──────── SUPPLIED INFORMATION
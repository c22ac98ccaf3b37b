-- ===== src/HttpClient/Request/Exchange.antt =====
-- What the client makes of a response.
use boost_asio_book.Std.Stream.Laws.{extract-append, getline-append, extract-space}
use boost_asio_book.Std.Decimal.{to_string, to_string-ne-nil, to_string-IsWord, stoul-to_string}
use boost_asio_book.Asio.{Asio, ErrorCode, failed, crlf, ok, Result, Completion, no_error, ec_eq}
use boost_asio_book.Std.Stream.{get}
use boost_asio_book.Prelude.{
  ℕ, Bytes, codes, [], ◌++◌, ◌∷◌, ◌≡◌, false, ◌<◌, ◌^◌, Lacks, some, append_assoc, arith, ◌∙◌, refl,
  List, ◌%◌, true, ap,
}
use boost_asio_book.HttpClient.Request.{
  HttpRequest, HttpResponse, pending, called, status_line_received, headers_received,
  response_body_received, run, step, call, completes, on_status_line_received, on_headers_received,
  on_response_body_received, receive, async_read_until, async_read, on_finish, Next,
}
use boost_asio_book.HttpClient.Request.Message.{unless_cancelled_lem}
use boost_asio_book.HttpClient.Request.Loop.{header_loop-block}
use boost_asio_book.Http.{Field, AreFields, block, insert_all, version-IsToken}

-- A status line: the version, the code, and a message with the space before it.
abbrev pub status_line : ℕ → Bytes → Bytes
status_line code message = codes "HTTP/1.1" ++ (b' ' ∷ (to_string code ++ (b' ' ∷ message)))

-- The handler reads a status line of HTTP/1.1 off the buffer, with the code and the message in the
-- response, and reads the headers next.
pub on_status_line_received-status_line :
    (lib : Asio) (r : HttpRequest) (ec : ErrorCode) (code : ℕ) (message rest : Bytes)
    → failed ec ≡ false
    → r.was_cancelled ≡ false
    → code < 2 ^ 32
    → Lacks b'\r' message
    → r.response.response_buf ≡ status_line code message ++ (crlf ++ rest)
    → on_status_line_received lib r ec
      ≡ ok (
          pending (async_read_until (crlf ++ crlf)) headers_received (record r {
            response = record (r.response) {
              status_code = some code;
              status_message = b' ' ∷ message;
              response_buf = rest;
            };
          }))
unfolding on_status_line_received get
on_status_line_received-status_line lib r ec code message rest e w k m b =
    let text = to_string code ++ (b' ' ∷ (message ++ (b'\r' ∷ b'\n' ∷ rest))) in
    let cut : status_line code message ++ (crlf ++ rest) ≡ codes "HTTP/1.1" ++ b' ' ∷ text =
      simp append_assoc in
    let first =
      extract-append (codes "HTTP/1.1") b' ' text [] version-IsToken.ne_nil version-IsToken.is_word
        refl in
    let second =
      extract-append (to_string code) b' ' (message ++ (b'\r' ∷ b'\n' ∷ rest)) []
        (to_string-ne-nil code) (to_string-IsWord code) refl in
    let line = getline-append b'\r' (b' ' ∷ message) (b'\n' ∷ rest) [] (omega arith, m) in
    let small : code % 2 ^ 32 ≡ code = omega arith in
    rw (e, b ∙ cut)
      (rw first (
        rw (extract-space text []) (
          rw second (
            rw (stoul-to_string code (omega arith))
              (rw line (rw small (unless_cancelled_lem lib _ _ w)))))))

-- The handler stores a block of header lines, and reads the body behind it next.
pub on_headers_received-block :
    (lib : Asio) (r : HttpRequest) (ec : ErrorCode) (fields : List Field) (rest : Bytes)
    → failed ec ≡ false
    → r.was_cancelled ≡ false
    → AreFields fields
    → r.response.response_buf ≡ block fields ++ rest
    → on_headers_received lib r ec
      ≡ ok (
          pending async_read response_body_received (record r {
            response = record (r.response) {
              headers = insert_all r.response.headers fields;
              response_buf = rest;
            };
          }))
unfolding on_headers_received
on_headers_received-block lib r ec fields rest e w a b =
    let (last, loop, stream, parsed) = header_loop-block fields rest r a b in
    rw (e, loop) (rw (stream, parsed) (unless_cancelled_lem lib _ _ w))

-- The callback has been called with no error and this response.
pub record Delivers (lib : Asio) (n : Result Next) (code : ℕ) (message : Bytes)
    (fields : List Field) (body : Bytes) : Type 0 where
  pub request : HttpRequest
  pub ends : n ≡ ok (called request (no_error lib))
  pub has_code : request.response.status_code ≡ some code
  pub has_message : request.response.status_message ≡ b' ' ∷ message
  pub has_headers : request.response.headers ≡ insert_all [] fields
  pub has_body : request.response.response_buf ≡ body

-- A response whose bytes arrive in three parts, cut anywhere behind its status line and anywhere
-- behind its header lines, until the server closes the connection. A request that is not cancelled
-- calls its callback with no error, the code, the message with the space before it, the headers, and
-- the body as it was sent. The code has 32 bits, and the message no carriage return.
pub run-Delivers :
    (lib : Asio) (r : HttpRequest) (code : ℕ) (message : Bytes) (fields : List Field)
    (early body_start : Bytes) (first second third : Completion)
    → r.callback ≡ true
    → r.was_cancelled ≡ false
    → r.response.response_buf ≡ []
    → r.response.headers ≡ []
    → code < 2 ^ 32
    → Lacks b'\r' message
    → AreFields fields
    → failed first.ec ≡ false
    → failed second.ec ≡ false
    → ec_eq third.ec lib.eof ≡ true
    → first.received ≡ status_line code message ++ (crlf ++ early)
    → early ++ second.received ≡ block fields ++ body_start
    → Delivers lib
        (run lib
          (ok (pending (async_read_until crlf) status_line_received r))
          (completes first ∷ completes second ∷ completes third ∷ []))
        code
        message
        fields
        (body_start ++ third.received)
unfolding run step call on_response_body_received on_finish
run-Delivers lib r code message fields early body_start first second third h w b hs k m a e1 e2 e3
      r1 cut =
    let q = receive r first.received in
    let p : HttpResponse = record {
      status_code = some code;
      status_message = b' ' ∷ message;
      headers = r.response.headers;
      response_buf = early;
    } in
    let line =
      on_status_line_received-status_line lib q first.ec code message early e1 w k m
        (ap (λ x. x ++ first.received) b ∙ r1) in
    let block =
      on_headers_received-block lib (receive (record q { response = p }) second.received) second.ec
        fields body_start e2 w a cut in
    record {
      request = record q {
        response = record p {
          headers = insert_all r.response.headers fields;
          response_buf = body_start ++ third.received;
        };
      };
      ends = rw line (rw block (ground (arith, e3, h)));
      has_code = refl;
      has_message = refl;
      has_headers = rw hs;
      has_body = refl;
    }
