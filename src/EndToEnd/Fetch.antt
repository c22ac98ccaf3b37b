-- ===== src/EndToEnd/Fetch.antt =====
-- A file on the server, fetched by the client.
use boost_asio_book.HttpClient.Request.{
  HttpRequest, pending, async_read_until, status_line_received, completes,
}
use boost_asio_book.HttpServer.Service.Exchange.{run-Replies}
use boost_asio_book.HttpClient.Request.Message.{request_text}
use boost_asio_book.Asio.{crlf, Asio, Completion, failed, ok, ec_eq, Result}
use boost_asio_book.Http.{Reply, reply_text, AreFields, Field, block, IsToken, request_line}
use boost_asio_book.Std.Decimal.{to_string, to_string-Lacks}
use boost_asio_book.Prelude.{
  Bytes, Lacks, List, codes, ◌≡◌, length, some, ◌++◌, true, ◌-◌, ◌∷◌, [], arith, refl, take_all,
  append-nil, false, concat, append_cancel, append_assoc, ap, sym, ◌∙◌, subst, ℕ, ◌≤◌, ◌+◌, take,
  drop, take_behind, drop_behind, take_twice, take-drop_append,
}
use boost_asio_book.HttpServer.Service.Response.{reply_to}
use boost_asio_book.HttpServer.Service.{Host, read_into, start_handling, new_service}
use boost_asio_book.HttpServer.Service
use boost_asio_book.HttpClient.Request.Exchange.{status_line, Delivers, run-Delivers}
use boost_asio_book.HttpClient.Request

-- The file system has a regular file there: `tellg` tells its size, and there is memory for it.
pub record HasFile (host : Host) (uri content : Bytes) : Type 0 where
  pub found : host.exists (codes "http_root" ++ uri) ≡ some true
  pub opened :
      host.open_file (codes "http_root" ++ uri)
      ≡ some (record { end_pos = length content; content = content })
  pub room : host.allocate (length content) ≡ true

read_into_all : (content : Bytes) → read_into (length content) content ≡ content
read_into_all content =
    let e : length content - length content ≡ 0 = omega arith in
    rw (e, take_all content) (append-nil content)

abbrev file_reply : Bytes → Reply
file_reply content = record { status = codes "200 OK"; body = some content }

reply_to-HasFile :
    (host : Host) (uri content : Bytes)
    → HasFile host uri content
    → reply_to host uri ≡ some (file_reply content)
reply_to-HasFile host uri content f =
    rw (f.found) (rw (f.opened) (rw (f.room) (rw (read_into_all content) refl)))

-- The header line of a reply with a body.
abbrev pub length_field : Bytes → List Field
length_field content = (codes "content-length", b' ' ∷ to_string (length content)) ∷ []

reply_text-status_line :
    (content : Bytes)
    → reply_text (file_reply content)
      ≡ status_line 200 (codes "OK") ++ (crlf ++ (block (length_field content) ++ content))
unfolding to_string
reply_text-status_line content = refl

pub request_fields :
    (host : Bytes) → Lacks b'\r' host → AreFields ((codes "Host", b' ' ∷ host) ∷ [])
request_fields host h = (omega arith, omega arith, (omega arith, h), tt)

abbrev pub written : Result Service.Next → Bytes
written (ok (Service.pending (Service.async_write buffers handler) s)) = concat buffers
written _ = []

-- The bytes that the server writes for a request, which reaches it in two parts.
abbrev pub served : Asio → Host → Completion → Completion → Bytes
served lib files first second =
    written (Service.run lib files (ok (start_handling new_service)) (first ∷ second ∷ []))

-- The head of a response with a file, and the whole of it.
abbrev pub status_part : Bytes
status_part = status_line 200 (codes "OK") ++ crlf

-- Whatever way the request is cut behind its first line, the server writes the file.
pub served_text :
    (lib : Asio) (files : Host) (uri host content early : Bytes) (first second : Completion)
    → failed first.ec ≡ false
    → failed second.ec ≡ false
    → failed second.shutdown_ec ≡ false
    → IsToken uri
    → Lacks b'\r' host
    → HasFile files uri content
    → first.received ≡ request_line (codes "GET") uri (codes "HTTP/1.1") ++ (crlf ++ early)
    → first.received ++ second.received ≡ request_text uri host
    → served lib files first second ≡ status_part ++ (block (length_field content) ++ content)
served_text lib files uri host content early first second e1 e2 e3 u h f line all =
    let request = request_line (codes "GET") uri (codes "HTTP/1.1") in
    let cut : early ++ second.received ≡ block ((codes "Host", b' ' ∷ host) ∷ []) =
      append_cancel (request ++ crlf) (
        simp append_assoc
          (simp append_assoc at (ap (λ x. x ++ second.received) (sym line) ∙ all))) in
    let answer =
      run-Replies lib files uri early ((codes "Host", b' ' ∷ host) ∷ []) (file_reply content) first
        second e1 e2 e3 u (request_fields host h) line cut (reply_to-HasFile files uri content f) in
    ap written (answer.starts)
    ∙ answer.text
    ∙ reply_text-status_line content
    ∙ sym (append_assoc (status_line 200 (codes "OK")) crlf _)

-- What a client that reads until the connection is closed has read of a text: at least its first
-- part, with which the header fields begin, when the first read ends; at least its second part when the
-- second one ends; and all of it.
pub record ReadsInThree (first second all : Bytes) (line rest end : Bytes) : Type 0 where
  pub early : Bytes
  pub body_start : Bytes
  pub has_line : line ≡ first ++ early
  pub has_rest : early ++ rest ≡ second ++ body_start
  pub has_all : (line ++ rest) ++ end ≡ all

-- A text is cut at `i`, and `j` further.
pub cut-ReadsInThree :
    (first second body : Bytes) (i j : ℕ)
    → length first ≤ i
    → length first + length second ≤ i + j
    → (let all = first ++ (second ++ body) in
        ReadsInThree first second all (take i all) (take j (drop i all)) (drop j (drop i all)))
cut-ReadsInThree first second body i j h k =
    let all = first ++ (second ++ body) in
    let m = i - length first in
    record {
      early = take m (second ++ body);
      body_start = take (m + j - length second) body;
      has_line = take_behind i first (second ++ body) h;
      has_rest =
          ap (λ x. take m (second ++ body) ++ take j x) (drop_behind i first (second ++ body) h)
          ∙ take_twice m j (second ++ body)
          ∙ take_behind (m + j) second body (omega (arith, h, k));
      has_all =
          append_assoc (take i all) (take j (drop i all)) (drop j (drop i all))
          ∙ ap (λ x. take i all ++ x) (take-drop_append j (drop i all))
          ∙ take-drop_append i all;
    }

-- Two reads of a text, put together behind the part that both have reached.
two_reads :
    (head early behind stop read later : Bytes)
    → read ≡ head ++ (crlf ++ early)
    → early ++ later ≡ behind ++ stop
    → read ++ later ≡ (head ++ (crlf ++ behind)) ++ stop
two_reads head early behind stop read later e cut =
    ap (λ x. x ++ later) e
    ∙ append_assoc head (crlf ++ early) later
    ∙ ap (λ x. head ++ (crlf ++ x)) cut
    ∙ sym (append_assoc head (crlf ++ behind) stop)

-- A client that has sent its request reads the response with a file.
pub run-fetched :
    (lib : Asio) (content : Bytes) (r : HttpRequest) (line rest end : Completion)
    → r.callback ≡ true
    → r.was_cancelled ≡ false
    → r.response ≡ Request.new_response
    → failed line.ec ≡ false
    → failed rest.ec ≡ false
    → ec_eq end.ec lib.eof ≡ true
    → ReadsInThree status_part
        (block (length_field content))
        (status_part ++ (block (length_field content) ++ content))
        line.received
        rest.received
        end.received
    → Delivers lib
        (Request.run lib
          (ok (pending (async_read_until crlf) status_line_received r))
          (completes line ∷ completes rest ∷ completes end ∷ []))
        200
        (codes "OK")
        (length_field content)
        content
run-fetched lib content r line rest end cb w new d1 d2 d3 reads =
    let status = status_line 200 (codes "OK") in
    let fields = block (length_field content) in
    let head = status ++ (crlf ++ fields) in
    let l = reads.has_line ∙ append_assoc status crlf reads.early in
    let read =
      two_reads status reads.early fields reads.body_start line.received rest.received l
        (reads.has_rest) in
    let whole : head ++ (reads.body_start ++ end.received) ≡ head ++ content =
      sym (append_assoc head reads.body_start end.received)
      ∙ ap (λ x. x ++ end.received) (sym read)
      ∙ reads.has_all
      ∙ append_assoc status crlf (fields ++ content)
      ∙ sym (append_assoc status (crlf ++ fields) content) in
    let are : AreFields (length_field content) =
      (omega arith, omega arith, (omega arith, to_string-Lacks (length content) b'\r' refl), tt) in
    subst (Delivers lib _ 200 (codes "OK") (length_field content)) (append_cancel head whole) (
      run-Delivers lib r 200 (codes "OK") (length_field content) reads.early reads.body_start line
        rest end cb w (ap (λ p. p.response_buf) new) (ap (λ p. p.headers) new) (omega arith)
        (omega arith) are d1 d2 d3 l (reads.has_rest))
────────────────
WORK TO BE COMPLETED. Nothing but the lines above from the one containing "end_pos = length" through the one containing "(lib : Asio) (files" should appear in the answer, each repeated exactly.

RESULT OF THIS TASK.
      ≡ some (record { end_pos = length content; content = content })
  pub room : host.allocate (length content) ≡ true

read_into_all : (content : Bytes) → read_into (length content) content ≡ content
read_into_all content =
    let e : length content - length content ≡ 0 = omega arith in
    rw (e, take_all content) (append-nil content)

abbrev file_reply : Bytes → Reply
file_reply content = record { status = codes "200 OK"; body = some content }

reply_to-HasFile :
    (host : Host) (uri content : Bytes)
    → HasFile host uri content
    → reply_to host uri ≡ some (file_reply content)
reply_to-HasFile host uri content f =
    rw (f.found) (rw (f.opened) (rw (f.room) (rw (read_into_all content) refl)))

-- The header line of a reply with a body.
abbrev pub length_field : Bytes → List Field
length_field content = (codes "content-length", b' ' ∷ to_string (length content)) ∷ []

reply_text-status_line :
    (content : Bytes)
    → reply_text (file_reply content)
      ≡ status_line 200 (codes "OK") ++ (crlf ++ (block (length_field content) ++ content))
unfolding to_string
reply_text-status_line content = refl

pub request_fields :
    (host : Bytes) → Lacks b'\r' host → AreFields ((codes "Host", b' ' ∷ host) ∷ [])
request_fields host h = (omega arith, omega arith, (omega arith, h), tt)

abbrev pub written : Result Service.Next → Bytes
written (ok (Service.pending (Service.async_write buffers handler) s)) = concat buffers
written _ = []

-- The bytes that the server writes for a request, which reaches it in two parts.
abbrev pub served : Asio → Host → Completion → Completion → Bytes
served lib files first second =
    written (Service.run lib files (ok (start_handling new_service)) (first ∷ second ∷ []))

-- The head of a response with a file, and the whole of it.
abbrev pub status_part : Bytes
status_part = status_line 200 (codes "OK") ++ crlf

-- Whatever way the request is cut behind its first line, the server writes the file.
pub served_text :
    (lib : Asio) (files : Host) (uri host content early : Bytes) (first second : Completion)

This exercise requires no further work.